No one would ever imagine crumpling up their smartphone, television or another electronic device. Today’s displays – which are flat, rigid and fragile – lack the ability to reshape to interactively respond to users.
As part of an overarching quest to build “skin-inspired” electronics that are soft and stretchy, Stanford University chemical engineer Zhenan Bao and her research team have been developing a display to change that. Now, after more than three years of work, they show the proof of principle toward a stretchable, potentially reshapable display in a new paper published March 23 in Nature.
Their invention hinges on the discovery of a method to produce a high-brightness elastic light-emitting polymer, which functions like a filament in a lightbulb. The group’s resulting display is made entirely of stretchy polymers – synthetic plastic materials. The device has a maximum brightness at least two times that of a cellphone and can be stretched up to twice its original length without tearing.
“Stretchable displays can allow a new way of interactive human-machine interface,” said Bao, the K. K. Lee Professor in the School of Engineering and senior author of the paper. “We can see the image and interact with it, and then the display can change according to our response.”
An illuminating discovery
Most light-emitting polymers are stiff and crack when stretched. Scientists can increase their flexibility by adding elastic insulating materials, such as rubber. But these additives decrease electrical conductivity, which requires the polymer to use a dangerously high voltage to generate even dim light.
About three years ago, however, postdoctoral scholar Zhitao Zhang discovered that a yellow-colored light-emitting polymer called SuperYellow not only became soft and pliable but also emitted brighter light when mixed with a type of polyurethane, a stretchy plastic.

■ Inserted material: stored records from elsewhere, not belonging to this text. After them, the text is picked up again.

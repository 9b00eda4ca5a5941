-- ===== src/Serve/Datagrams.antt =====
-- The frames of a WireGuard datagram (`handle_decoded_frames`).
use mathlib.Core.List.{append_assoc, append-nil}
use bonded.Session.{SessionFrame}
use bonded.Serve.{
  pong, Loop, Service, is_heartbeat, handle_frame, handle_frame, handle_decoded_frames,
}
use bonded.Serve.Conserve.{
  is_heartbeat-asks_for_pong, due_pong, data_frames, pongs_due, pongs_sent, pongs_sent-append,
}
use bonded.Serve.Rounds.{can_submit}
use bonded.Serve.Frames.{handle_ping, handle_data}
use bonded.Prelude.{◌≡◌, sym, ◌∙◌, true, List, [], ◌∷◌, ◌++◌, arith, Bool-cases, inl, inr}

-- The frames of a WireGuard datagram are handled like those of a session: the heartbeats are answered,
-- each once and in order, and the rest is submitted, in order. (No write fails, and the bridge, where
-- there is one, takes packets.)
pub handle_decoded_frames-handled :
    (s : Service) (frames : List SessionFrame) (l : Loop)
    → can_submit s ≡ true
    → l.accepts ≡ []
    → let after = handle_decoded_frames s frames l in
      (after.submitted ≡ l.submitted ++ data_frames frames)
      × (pongs_sent after.sent ≡ pongs_sent l.sent ++ pongs_due frames)
unfolding handle_decoded_frames data_frames pongs_due pongs_sent
handle_decoded_frames-handled s [] l open_bridge sure =
    (sym (append-nil l.submitted), sym (append-nil (pongs_sent l.sent)))
handle_decoded_frames-handled s (frame ∷ frames) l open_bridge sure =
    elim (Bool-cases (is_heartbeat frame)) [
      | inl ping ↦
          let w = handle_ping s frame l ping in
          let asks = is_heartbeat-asks_for_pong frame in
          let (went, left) = w.sure sure in
          let (submitted, answered) =
            handle_decoded_frames-handled s frames (handle_frame s frame l).1 open_bridge left in
          (
            grind arith,
            grind (arith, pongs_sent-append l.sent (pong (due_pong frame) ∷ []), append_assoc),
          )
      | inr plain ↦
          let w = handle_data s frame l plain in
          let asks = is_heartbeat-asks_for_pong frame in
          let (submitted, answered) =
            handle_decoded_frames-handled s frames (handle_frame s frame l).1 open_bridge
              (w.accepts ∙ sure) in
          (grind (arith, append_assoc), grind arith)
    ]
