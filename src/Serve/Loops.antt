-- ===== src/Serve/Loops.antt =====
-- The loops of the sessions that know no bridge: `handle_websocket_session` of
-- crates/bonded-server/src/bootstrap.rs and `handle_quic_connection` of quic.rs, round by round.
use bonded.Bytes.{has_bit}
use bonded.Session.{SessionFrame, flag_pong}
use bonded.Serve.{forwarded, pong, Loop, transmit}
use bonded.Prelude.{
  ℕ, zero, suc, Bool, true, false, ◌&&◌, none, some, List, [], ◌∷◌, ◌++◌, if◌then◌else◌,
}

-- `MAX_DRAIN` of both loops.
abbrev pub max_drain : ℕ
max_drain = 256

-- The branches of `select!`: `forward_rx.recv()` with a frame or without one, and `transport.recv()`.
pub data DirectChoice : Type 0 where
  forward_rx_frame forward_rx_closed transport_recv : DirectChoice

unfoldable pub log_tunnel_packet : Bool → List ℕ → Loop → Loop
log_tunnel_packet logs [] l = l
log_tunnel_packet logs (b ∷ bs) l =
    if logs then record l { logged = l.logged ++ (b ∷ bs) ∷ [] } else l

-- `forwarder.ingest_packet(frame)`.
unfoldable pub ingest_packet : SessionFrame → Loop → Loop
ingest_packet frame l = record l { submitted = l.submitted ++ frame ∷ [] }

-- A frame that is bound or received, once it is logged: whether the session goes on.
unfoldable pub ping_or_packet : SessionFrame → Loop → Bool × Loop
unfolding transmit ingest_packet
ping_or_packet frame l =
    let is_empty : Bool = elim frame.payload [ [] ↦ true | b ∷ bs ↦ false ] in
    let answer : SessionFrame = record {
      header = record {
        connection_id = frame.header.connection_id;
        sequence = frame.header.sequence;
        flags = flag_pong;
      };
      payload = frame.payload;
    } in
    if has_bit frame.header.flags 0 && is_empty
    then transmit (pong answer) l
    else (true, ingest_packet frame l)

-- A failed send leaves the inner loop only.
unfoldable pub websocket_drain : Bool → ℕ → Loop → Loop
unfolding log_tunnel_packet transmit
websocket_drain logs zero l = l
websocket_drain logs (suc n) l = elim l.forward_queue [
  | [] ↦ l
  | frame ∷ queue ↦
      let taken = log_tunnel_packet logs frame.payload (record l { forward_queue = queue }) in
      let (went, sent) = transmit (forwarded frame) taken in
      let later = websocket_drain logs n sent in if went then later else sent
]

unfoldable pub websocket_select : Bool → DirectChoice → Loop → Bool × Loop
unfolding log_tunnel_packet transmit ping_or_packet
websocket_select logs forward_rx_closed l = (false, l)
websocket_select logs forward_rx_frame l = elim l.forward_queue [
  | [] ↦ (true, l)
  | frame ∷ queue ↦
      transmit (forwarded frame)
        (log_tunnel_packet logs frame.payload (record l { forward_queue = queue }))
]
websocket_select logs transport_recv l = elim l.incoming [
  | [] ↦ (false, l)
  | frame ∷ frames ↦
      ping_or_packet frame (log_tunnel_packet logs frame.payload (record l { incoming = frames }))
]

unfoldable pub websocket_round : Bool → DirectChoice → Loop → Bool × Loop
unfolding websocket_drain websocket_select log_tunnel_packet ping_or_packet
websocket_round logs choice l =
    let drained = websocket_drain logs max_drain l in
    elim drained.pending_frame [
      | some frame ↦
          ping_or_packet frame
            (log_tunnel_packet logs frame.payload (record drained { pending_frame = none }))
      | none ↦ websocket_select logs choice drained
    ]

-- Nothing is logged over QUIC, and a failed send ends the session.
unfoldable pub quic_drain : ℕ → Loop → Bool × Loop
unfolding transmit
quic_drain zero l = (true, l)
quic_drain (suc n) l = elim l.forward_queue [
  | [] ↦ (true, l)
  | frame ∷ queue ↦
      let (went, sent) = transmit (forwarded frame) (record l { forward_queue = queue }) in
      let later = quic_drain n sent in if went then later else (false, sent)
]

unfoldable pub quic_select : DirectChoice → Loop → Bool × Loop
unfolding transmit ping_or_packet
quic_select forward_rx_closed l = (false, l)
quic_select forward_rx_frame l = elim l.forward_queue [
  | [] ↦ (true, l)
  | frame ∷ queue ↦ transmit (forwarded frame) (record l { forward_queue = queue })
]
quic_select transport_recv l = elim l.incoming [
  | [] ↦ (false, l)
  | frame ∷ frames ↦ ping_or_packet frame (record l { incoming = frames })
]

unfoldable pub quic_round : DirectChoice → Loop → Bool × Loop
unfolding quic_drain quic_select ping_or_packet
quic_round choice l =
    let (went, drained) = quic_drain max_drain l in
    if went
    then (elim drained.pending_frame [
      | some frame ↦ ping_or_packet frame (record drained { pending_frame = none })
      | none ↦ quic_select choice drained
    ])
    else (false, drained)

-- A response comes into the forwarder's queue, or the loop makes a round.
pub data DirectEvent : Type 0 where
  response_arrives : SessionFrame → DirectEvent
  direct_turn : DirectChoice → DirectEvent

-- The session over its events, by the round of its loop.
unfoldable pub direct_serve :
    (DirectChoice → Loop → Bool × Loop) → List DirectEvent → Loop → Bool × Loop
direct_serve one_round [] l = (true, l)
direct_serve one_round (response_arrives frame ∷ es) l =
    direct_serve one_round es (record l { forward_queue = l.forward_queue ++ frame ∷ [] })
direct_serve one_round (direct_turn choice ∷ es) l =
    let (went, after) = one_round choice l in
    let later = direct_serve one_round es after in if went then later else (false, after)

“If we add polyurethane, we see SuperYellow form nanostructures,” said Zhang, the first author of the study. “These nanostructures are really important. They make the brittle polymer stretchable, and they make the polymer emit brighter light because the nanostructures are connected like a fishnet.”

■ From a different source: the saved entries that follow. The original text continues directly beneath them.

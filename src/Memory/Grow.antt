-- ===== src/Memory/Grow.antt =====
-- `grow_stack`: what the program sees after the stack has grown.
use fuel_vm.Prelude.{
  ℕ, ◌≤◌, ◌<◌, ◌≡◌, ◌⊎◌, inl, inr, ◌&&◌, ltb, leb, if◌then◌else◌, length, some, arith, tests,
  Bool-cases, resize, length-resize, get_elem?-resize,
}
use fuel_vm.Outcome.{ok, err, panic, PanicReason}
use fuel_vm.Memory.{MemoryInstance, vm_max_ram, heap_offset, grow_stack}
use fuel_vm.Memory.Valid.{IsValid, byte}

-- `m'` is `m` with the addresses from `a` up to `b` fresh, and zero.
abbrev pub Fresh : MemoryInstance → ℕ → ℕ → MemoryInstance → Type 0
Fresh m a b m' = (j : ℕ) → byte m' j ≡ (if leb a j && ltb j b then some 0 else byte m j)

pub record StackGrown (m : MemoryInstance) (new_sp : ℕ) (m' : MemoryInstance) : Type 0 where
  pub valid : IsValid m'
  pub same_hp : m'.hp ≡ m.hp
  pub covers : new_sp ≤ length m'.stack
  pub keeps : length m.stack ≤ length m'.stack
  pub fresh : Fresh m (length m.stack) new_sp m'

grown : MemoryInstance → ℕ → MemoryInstance
grown m new_sp =
    if ltb (length m.stack) new_sp then record m { stack = resize m.stack new_sp 0 } else m

grown-StackGrown :
    (m : MemoryInstance) (new_sp : ℕ)
    → IsValid m
    → new_sp ≤ m.hp
    → StackGrown m new_sp (grown m new_sp)
unfolding grown byte heap_offset
grown-StackGrown m new_sp v h = record {
  valid = ground (arith, length-resize m.stack new_sp 0);
  same_hp = ground arith;
  covers = ground (arith, length-resize m.stack new_sp 0);
  keeps = ground (arith, length-resize m.stack new_sp 0);
  fresh = λ j. ground (arith, length-resize m.stack new_sp 0, get_elem?-resize m.stack new_sp 0 j);
}

-- In a valid memory the stack grows exactly up to the heap pointer: what it gains reads as zero and
-- all else as before. Past the heap pointer it fails with `MemoryGrowthOverlap`, and past the end
-- of the memory with `MemoryOverflow`.
pub grow_stack_lem :
    (m : MemoryInstance) (new_sp : ℕ)
    → IsValid m
    → ((new_sp ≤ m.hp)
        × ((m' : MemoryInstance) × (grow_stack m new_sp ≡ ok m') × StackGrown m new_sp m'))
      ⊎ ((m.hp < new_sp)
          × (new_sp ≤ vm_max_ram)
          × (grow_stack m new_sp ≡ err (panic PanicReason.memory_growth_overlap)))
      ⊎ ((vm_max_ram < new_sp) × (grow_stack m new_sp ≡ err (panic PanicReason.memory_overflow)))
unfolding grow_stack grown
grow_stack_lem m new_sp v = elim (Bool-cases (leb new_sp m.hp)) [
  | inl p ↦
      inl (omega tests, (grown m new_sp, ground arith, grown-StackGrown m new_sp v (omega tests)))
  | inr p ↦ elim (Bool-cases (leb new_sp vm_max_ram)) [
    | inl q ↦ inr (inl (omega tests, omega tests, ground arith))
    | inr q ↦ inr (inr (omega tests, ground arith))
  ]
]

Unlike adding rubber, the interconnected net of nanoscale fibers that make the SuperYellow stretchy don’t inhibit electricity flow – which is key to developing a bright display. After this discovery, the group also created elastic red, green and blue light-emitting polymers.
Stacking the layers
With stretchable light-emitting polymers now available, the group needed to layer together the remaining ingredients of an electronic display.
“It was really challenging to figure out the right materials to use,” Bao explained. “Electronically, they have to match each other to give us high brightness. But then, they also need to have similarly good mechanical properties to allow the display to be stretchable. And finally, for the fabrication, Zhitao had to figure out a way to stack the layers together so that the process will not degrade the brightness.”
The final display contains seven layers. Two outer layers are two substrates that encapsulate the device. Moving inward are two electrode layers, each followed by charge transporting layers. Finally, the light-emitting layer sits sandwiched in the center.
When electricity runs through the display, one electrode injects positive charges, called holes, into the light-emitting layer while the other injects negatively charged electrons into it. When the two types of charges meet, they bond and go into an energetically excited state. Almost immediately after, the state returns to normal by producing a photon – a particle of light.
The resulting all-polymer film can be adhered to an arm or finger and doesn’t rip during bending or flexing. This will allow wearable trackers to have their display directly attached to the skin.
Bao sees a variety of additional potential uses for a stretchable display. It could be used to produce reshapable interactive screens or even form three-dimensional landscapes on a map.
“Imagine a display where you can both see and feel the three-dimensional object on the screen,” Bao said. “This will be a completely new way to interact with each other remotely.”
Additional Stanford co-authors of this research include graduate students Weichen Wang, Yu Zheng, Zhiao Yu and Gan Chen; postdoctoral scholars Yuanwen Jiang, Jian-Cheng Lai, Chengyi Xu and Donglai Zhong; former visiting scholars Yi-Xuan Wang and Chien-Chung Shih; former postdoctoral scholars Hung-Chin Wu, Simao Niu and Naoji Matsuhisa; former graduate student Yang Wang; research engineer Yilei Wu; assistant director Hongping Yan; laboratory director Jeffrey B.-H. Tok; and Reinhold Dauskardt, the Ruth G. and William K. Bowes Professor in the School of Engineering. Other co-authors are from the Lawrence Berkeley National Laboratory and the University of Mississippi.
Bao is also a member of Stanford Bio-X, the Wu Tsai Human Performance Alliance, the Maternal & Child Health Research Institute and the Wu Tsai Neurosciences Institute; a faculty fellow at Stanford ChEM-H; a senior fellow of the Precourt Institute for Energy; an investigator of the CZ Biohub; an affiliate of the Stanford Woods Institute for the Environment; and a principal investigator with the Stanford Institute for Materials and Energy Sciences at SLAC National Accelerator Laboratory. Dauskardt is also a member of Stanford Bio-X, the Cardiovascular Institute, the Wu Tsai Human Performance Alliance and the Wu Tsai Neurosciences Institute, and an affiliate of the Precourt Institute for Energy and the Stanford Woods Institute for the Environment.